# UMAi pepperoni



## chewmeister (Feb 16, 2015)

My first experience using these to make soppressata turned out well so next up is pepperoni. Using the smaller (30mm) bags this time.

Made half the UMAi recipe to see if I like the seasoning.

Beef and pork mixed waiting for spice mix.













Sausage 013.jpg



__ chewmeister
__ Feb 16, 2015






Spices, cure, and Bactoferm mixed in.













Sausage 014.jpg



__ chewmeister
__ Feb 16, 2015






UMAi bags ready for stuffing.













Sausage 011.jpg



__ chewmeister
__ Feb 16, 2015






This is after 2 days of fermenting at room temp. Already getting a reddish color and starting to shrink. One more day, and then in the fridge to dry.













Sausage 016.jpg



__ chewmeister
__ Feb 16, 2015






Gonna shoot for a 40% weight reduction.


----------



## tropics (Feb 16, 2015)

cm No curing chamber needed on these,  what spices and cure do you use? sounds interesting to me. TIA


----------



## rgautheir20420 (Feb 16, 2015)

Looks great! I really need to give this recipe a try. Since you made a smaller batch, did you just use pre-ground meat for simplicity?


----------



## gary s (Feb 16, 2015)

Looks good to me too

Gary


----------



## chewmeister (Feb 16, 2015)

tropics said:


> cm No curing chamber needed on these,  what spices and cure do you use? sounds interesting to me. TIA


I used the recipe on the UMAi website. Cure #2 and Bactoferm T-SPX. Spices are fresh ground black pepper, fennel, salt, paprika, and cayenne pepper. There also is some sugar and dextrose in there as well.


----------



## chewmeister (Feb 16, 2015)

rgautheir20420 said:


> Looks great! I really need to give this recipe a try. Since you made a smaller batch, did you just use pre-ground meat for simplicity?
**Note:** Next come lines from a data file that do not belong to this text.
-- ===== src/Kv/Rounds/Puts.antt =====
-- One entry of a function that is changed, and the vote on what a swap gave back.
use fusee_fs.Prelude.{ℕ, ◌≡◌, ◌≢◌, ◌⊎◌, refl, ◌&&◌, Option, some, ◌==◌, arith, inl, inr, Bool-cases}
use fusee_fs.Kv.Consensus.{vote}
use fusee_fs.Kv.Rounds.{put, put_seen}

pub put_same : (i x : ℕ) (f : ℕ → ℕ) → put i x f i ≡ x
unfolding put
put_same i x f = ground arith

pub put_other : (i x j : ℕ) (f : ℕ → ℕ) → j ≢ i → put i x f j ≡ f j
unfolding put
put_other i x j f h = ground arith

pub put_seen-cases :
    (v i x s w j : ℕ) (f : ℕ → ℕ → Option ℕ)
    → put_seen v i x f w j ≡ some s
    → ((w ≡ v) × (j ≡ i) × (s ≡ x)) ⊎ (f w j ≡ some s)
unfolding put_seen
put_seen-cases v i x s w j f h = elim (Bool-cases ((w == v) && (j == i))) [
  | inl e ↦
      let taken : some x ≡ some s = rw e at h in
      inl (ground (arith, e), ground (arith, e), ground (arith, taken))
  | inr e ↦ inr (rw e at h)
]

pub put_self : (i x j : ℕ) (f : ℕ → ℕ) → x ≡ f i → put i x f j ≡ f j
unfolding put
put_self i x j f h = elim (Bool-cases (j == i)) [
  | inl e ↦ let same : j ≡ i = ground (arith, e) in rw (e, same) h
  | inr e ↦ rw e refl
]

pub vote-expected : (target expected s : ℕ) → s ≡ expected → vote target expected s ≡ target
unfolding vote
vote-expected target expected s h = ground (arith, h)

pub vote-other : (target expected s : ℕ) → s ≢ expected → vote target expected s ≡ s
unfolding vote
vote-other target expected s h = ground (arith, h)
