-- ===== src/Kv/Rounds/View.antt =====
-- What a client sees of the backups, where the winner of the round may have repaired some of them.
use fusee_fs.Prelude.{
  ℕ, zero, suc, ◌+◌, ◌*◌, ◌≡◌, ◌≢◌, ◌<◌, ◌≤◌, ◌⊎◌, ◌↔◌, refl, ap, subst, sym, true, Option, List,
  [], ◌∷◌, length, ◌==◌, arith, inl, inr, ltb, Bool-cases,
}
use fusee_fs.Kv.Consensus.{vote, decide}
use fusee_fs.Kv.Consensus.Tally.{count, taken_values, tally}
use fusee_fs.Kv.Consensus.Winner.{wins, one_decision, winner}
use fusee_fs.Kv.Consensus.Rule.{NoMajority, IsLeast, wins-decide_iff}
use fusee_fs.Kv.Rounds.{values, given_back, requests}

pub length-values : (i n : ℕ) (f : ℕ → ℕ) → length (values i n f) ≡ n
unfolding values
length-values i zero f = refl
length-values i (suc n) f = omega (arith, length-values (i + 1) n f)

pub taken_values-requests :
    (expected v i n : ℕ) (seen : ℕ → Option ℕ)
    → taken_values v expected (requests expected v i n seen)
      ≡ values i n (λ j. vote v expected (given_back (seen j)))
unfolding taken_values requests values
taken_values-requests expected v i zero seen = refl
taken_values-requests expected v i (suc n) seen =
    ap (λ (t : List ℕ). vote v expected (given_back (seen i)) ∷ t)
      (taken_values-requests expected v (i + 1) n seen)

count-values :
    (x i n : ℕ) (f : ℕ → ℕ)
    → 1 ≤ count x (values i n f)
    → (j : ℕ) × (i ≤ j) × (j < i + n) × (f j ≡ x)
unfolding count values
count-values x i zero f h = absurd (omega arith)
count-values x i (suc n) f h = elim (Bool-cases (x == f i)) [
  | inl e ↦ (i, omega arith, omega arith, ground (arith, e))
  | inr e ↦
      let (j, low, high, at) = count-values x (i + 1) n f (ground (arith, e, h)) in
      (j, omega arith, omega arith, at)
]

values-count : (i n j : ℕ) (f : ℕ → ℕ) → i ≤ j → j < i + n → 1 ≤ count (f j) (values i n f)
unfolding count values
values-count i zero j f low high = absurd (omega arith)
values-count i (suc n) j f low high = elim (Bool-cases (f j == f i)) [
  | inl e ↦ ground (arith, e)
  | inr e ↦
      let later : i ≢ j = λ h. absurd (ground (arith, rw h at e)) in
      ground (arith, e, values-count (i + 1) n j f (omega (arith, later)) (omega arith))
]

-- A view of the values `took`, in which some are replaced by `w`.
abbrev pub IsView : ℕ → ℕ → ℕ → (ℕ → ℕ) → (ℕ → ℕ) → Type 0
IsView w i n took f = (j : ℕ) → i ≤ j → j < i + n → (f j ≡ took j) ⊎ (f j ≡ w)

count-view :
    (w i n : ℕ) (took f : ℕ → ℕ)
    → IsView w i n took f
    → (count w (values i n took) ≤ count w (values i n f))
      × ((x : ℕ) → x ≢ w → count x (values i n f) ≤ count x (values i n took))
unfolding count values
count-view w i zero took f h = (omega arith, λ x k. omega arith)
count-view w i (suc n) took f h =
    let (more, less) =
      count-view w (i + 1) n took f (λ j low high. h j (omega arith) (omega arith)) in
    elim (h i (omega arith) (omega arith)) [
      | inl e ↦ (ground (arith, e), λ x k. let rest = less x k in ground (arith, e, rest))
      | inr e ↦ (ground (arith, e), λ x k. let rest = less x k in ground (arith, e, rest, k))
    ]

-- The decision of a client that writes `v`, on `n` values.
unfoldable pub WinsOn : ℕ → ℕ → (ℕ → ℕ) → ℕ → ℕ → Type 0
unfolding wins decide
WinsOn expected n f v c = wins (decide v expected (n + 1) c (tally (values 0 n f) [])) ≡ true

module _ (expected n : ℕ) (some_backup : 1 ≤ n) where
  rule :
      (f : ℕ → ℕ) (v c : ℕ)
      → WinsOn expected n f v c ↔ (
          (n < 2 * count v (values 0 n f))
          ⊎ ((c ≡ expected) × NoMajority (values 0 n f) × IsLeast v (values 0 n f)))
  unfolding WinsOn
  rule f v c =
      let whole = length-values 0 n f in
      rw whole at (wins-decide_iff expected (values 0 n f) v c (rw whole some_backup))

  pub one_winner :
      (f : ℕ → ℕ) (v w c d : ℕ) → WinsOn expected n f v c → WinsOn expected n f w d → v ≡ w
  unfolding WinsOn
  one_winner f v w c d h k =
      let whole = length-values 0 n f in
      one_decision expected (values 0 n f) v w c d (rw whole h) (rw whole k)

  some_winner : (f : ℕ → ℕ) → (v : ℕ) × WinsOn expected n f v expected
  unfolding WinsOn
  some_winner f =
      let whole = length-values 0 n f in
      let (v, there, won) =
        winner expected (values 0 n f) (f 0) (values-count 0 n 0 f (omega arith) (omega arith)) in
      (
        v,
        subst (λ m. wins (decide v expected (m + 1) expected (tally (values 0 n f) [])) ≡ true)
            whole won,
      )

  -- The winner on the values that were taken wins on every view of them.
  winner_stays :
      (took f : ℕ → ℕ) (w : ℕ)
      → IsView w 0 n took f
      → WinsOn expected n took w expected
      → WinsOn expected n f w expected
  unfolding NoMajority IsLeast
  winner_stays took f w view h =
      let (more, less) = count-view w 0 n took f view in
      (rule f w expected).1 (elim (Bool-cases (ltb n (2 * count w (values 0 n f)))) [
        | inl e ↦ inl (ground (arith, e))
        | inr e ↦ elim ((rule took w expected).0 h) [
          | inl big ↦ absurd (ground (arith, e))
          | inr (same, none_half, (there, least)) ↦ inr (
            refl,
            λ x. elim (Bool-cases (x == w)) [
              | inl own ↦ ground (arith, own, e, length-values 0 n f)
              | inr other ↦
                  let rest = less x (ground (arith, other)) in
                  let half = none_half x in
                  omega (arith, rest, half, length-values 0 n f, length-values 0 n took)
            ],
            (
              omega (arith, more, there),
              λ x k. elim (Bool-cases (x == w)) [
                | inl own ↦ ground (arith, own)
                | inr other ↦
                    let rest = less x (ground (arith, other)) in least x (omega (arith, rest, k))
              ],
            ),
          )
        ]
      ])

  -- A value that wins on a view of the values that were taken wins on these, where the view has
  -- other values only where a winner put its own.
  pub view_winner :
      (took f : ℕ → ℕ) (v c : ℕ)
      → ((j : ℕ) → j < n → (f j ≡ took j) ⊎ WinsOn expected n took (f j) expected)
      → WinsOn expected n f v c
      → WinsOn expected n took v expected
  view_winner took f v c near h =
      let (w, won) = some_winner took in
      let view : IsView w 0 n took f = λ j low high. elim (near j (omega arith)) [
        | inl e ↦ inl e
        | inr own ↦ inr (one_winner took (f j) w expected expected own won)
      ] in
      let same = one_winner f v w c expected h (winner_stays took f w view won) in
      subst (λ x. WinsOn expected n took x expected) (sym same) won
I used some pre-ground pork, but was grinding beef for hamburger anyways so used the fresh ground beef. Looking back I will grind some pork next time so I can have a coarser grind.


----------



## rgautheir20420 (Feb 16, 2015)

chewmeister said:


> I used some pre-ground pork, but was grinding beef for hamburger anyways so used the fresh ground beef. Looking back I will grind some pork next time so I can have a coarser grind.


That makes sense. I use my biggest plate when I make most of my stuff. I just like the texture it ends up with.


----------



## chewmeister (Feb 16, 2015)

rgautheir20420 said:


> That makes sense. I use my biggest plate when I make most of my stuff. I just like the texture it ends up with.


Same here. I used my largest (3/8") plate when I made my soppressata and like the texture.













Sausage 019.jpg



__ chewmeister
__ Feb 16, 2015


----------



## rgautheir20420 (Feb 16, 2015)

chewmeister said:


> Same here. I used my largest (3/8") plate when I made my soppressata and like the texture.
> 
> 
> 
> ...


Beautiful. Almost a mirror image of mine. I'm actually about to start another 2 kg batch of the stuff. I liked it that much!


----------



## themule69 (Feb 16, 2015)

It looks good so far. Keep the pics coming.








Happy smoken.

David


----------



## chewmeister (Feb 16, 2015)

rgautheir20420 said:


> Beautiful. Almost a mirror image of mine. I'm actually about to start another 2 kg batch of the stuff. I liked it that much!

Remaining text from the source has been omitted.